> Task details:
Report, from the records below, every line where the word "IsPrivate" appears.

(Saved data entries)
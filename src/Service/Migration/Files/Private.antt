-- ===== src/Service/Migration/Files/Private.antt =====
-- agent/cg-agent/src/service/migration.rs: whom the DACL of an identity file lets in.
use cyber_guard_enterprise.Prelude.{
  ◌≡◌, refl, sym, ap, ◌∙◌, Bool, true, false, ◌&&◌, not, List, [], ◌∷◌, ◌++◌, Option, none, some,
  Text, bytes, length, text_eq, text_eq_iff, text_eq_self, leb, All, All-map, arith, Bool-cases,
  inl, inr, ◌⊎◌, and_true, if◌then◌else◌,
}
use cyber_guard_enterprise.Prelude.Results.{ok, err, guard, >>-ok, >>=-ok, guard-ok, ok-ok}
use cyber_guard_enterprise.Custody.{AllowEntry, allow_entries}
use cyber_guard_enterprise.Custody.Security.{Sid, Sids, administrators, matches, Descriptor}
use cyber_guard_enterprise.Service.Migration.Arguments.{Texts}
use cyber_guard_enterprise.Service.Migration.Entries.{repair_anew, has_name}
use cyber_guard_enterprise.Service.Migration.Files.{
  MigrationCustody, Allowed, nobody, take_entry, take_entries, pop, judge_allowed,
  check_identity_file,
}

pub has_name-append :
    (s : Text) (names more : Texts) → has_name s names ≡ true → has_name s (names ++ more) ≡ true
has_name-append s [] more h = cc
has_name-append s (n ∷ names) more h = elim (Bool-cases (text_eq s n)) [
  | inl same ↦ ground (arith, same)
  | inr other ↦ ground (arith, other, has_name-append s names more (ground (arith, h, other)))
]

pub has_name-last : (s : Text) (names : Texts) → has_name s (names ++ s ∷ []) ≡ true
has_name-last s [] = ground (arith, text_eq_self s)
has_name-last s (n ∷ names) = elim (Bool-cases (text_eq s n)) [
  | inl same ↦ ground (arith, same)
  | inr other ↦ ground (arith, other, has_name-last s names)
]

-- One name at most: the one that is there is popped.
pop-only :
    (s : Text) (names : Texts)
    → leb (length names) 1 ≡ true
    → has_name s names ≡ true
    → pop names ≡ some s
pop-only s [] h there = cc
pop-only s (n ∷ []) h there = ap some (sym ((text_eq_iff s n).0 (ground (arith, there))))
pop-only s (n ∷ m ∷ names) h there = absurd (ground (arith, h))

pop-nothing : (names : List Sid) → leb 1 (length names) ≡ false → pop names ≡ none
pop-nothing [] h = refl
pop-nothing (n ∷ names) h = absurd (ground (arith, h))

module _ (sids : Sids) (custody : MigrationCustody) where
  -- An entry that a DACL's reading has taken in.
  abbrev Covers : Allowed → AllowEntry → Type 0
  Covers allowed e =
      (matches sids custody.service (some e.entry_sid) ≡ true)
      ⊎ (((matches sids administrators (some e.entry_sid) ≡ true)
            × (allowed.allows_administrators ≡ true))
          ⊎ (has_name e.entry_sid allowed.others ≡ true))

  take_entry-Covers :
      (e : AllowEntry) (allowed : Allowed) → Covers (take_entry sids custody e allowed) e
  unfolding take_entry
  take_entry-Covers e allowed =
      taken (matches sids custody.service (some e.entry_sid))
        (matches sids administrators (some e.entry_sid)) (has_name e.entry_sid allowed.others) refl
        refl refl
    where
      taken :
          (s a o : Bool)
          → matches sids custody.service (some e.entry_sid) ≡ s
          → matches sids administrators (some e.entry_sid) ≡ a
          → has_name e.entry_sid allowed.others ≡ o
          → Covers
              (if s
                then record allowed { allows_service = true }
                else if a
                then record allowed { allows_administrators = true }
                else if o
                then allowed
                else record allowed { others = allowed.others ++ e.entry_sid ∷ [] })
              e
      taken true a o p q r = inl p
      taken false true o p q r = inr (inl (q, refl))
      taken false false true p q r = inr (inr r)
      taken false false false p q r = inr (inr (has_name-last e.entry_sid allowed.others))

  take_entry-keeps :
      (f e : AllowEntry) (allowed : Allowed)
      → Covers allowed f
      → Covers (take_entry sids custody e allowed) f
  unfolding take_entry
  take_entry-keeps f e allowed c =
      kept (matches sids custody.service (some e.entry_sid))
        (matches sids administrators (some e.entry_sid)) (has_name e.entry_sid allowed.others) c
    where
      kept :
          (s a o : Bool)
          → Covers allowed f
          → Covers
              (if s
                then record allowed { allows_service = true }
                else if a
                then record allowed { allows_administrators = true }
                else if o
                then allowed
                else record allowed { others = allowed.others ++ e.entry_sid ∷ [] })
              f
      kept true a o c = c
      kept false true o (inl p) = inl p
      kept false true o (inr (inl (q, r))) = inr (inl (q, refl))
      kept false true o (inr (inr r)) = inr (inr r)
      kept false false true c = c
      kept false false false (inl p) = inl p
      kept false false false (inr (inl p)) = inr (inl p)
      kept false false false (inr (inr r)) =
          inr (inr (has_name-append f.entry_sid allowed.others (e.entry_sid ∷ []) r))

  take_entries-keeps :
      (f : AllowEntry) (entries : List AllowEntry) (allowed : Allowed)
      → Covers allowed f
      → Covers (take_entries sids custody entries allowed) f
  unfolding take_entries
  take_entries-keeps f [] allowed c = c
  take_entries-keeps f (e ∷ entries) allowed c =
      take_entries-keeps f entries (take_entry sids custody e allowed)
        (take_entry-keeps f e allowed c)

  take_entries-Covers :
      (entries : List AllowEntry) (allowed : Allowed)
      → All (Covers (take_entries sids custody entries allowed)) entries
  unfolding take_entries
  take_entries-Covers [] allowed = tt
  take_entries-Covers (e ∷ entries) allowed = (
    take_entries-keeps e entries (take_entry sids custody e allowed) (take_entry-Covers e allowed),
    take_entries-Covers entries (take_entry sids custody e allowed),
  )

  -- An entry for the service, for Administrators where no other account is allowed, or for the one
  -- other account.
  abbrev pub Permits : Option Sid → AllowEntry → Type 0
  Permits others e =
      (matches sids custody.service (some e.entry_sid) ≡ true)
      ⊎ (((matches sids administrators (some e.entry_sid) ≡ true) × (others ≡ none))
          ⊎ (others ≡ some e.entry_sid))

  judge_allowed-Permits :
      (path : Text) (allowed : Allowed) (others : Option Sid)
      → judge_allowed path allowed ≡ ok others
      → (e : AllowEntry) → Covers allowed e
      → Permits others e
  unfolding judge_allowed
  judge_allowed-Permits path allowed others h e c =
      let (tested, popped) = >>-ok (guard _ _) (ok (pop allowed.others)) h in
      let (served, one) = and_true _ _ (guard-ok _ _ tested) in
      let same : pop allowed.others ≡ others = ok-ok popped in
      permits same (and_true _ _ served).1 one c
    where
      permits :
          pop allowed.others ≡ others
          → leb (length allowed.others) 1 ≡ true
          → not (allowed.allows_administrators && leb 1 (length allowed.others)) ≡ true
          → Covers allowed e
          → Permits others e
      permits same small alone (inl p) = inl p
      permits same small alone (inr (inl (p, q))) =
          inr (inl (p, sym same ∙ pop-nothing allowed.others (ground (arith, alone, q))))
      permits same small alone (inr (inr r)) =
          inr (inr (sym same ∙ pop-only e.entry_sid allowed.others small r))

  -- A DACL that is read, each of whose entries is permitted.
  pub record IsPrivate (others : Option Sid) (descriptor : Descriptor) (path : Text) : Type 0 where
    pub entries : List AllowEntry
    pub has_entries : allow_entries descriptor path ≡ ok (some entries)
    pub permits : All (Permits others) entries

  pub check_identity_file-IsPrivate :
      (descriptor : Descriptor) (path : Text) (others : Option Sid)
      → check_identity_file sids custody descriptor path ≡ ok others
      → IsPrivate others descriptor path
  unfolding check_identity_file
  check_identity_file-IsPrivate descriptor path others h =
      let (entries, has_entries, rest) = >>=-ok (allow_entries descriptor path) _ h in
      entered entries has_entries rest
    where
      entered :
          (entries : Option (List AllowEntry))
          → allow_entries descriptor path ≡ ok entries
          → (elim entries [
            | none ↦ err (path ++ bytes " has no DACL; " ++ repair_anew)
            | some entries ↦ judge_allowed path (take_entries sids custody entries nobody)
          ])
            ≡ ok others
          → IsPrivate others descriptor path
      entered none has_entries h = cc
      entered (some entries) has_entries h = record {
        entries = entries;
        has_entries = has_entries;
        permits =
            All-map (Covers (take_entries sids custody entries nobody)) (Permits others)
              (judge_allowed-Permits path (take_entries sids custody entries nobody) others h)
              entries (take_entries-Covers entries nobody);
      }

> Written answer:
  pub record IsPrivate (others : Option Sid) (descriptor : Descriptor) (path : Text) : Type 0 where
  pub check_identity_file-IsPrivate :
      → IsPrivate others descriptor path
  check_identity_file-IsPrivate descriptor path others h =
          → IsPrivate others descriptor path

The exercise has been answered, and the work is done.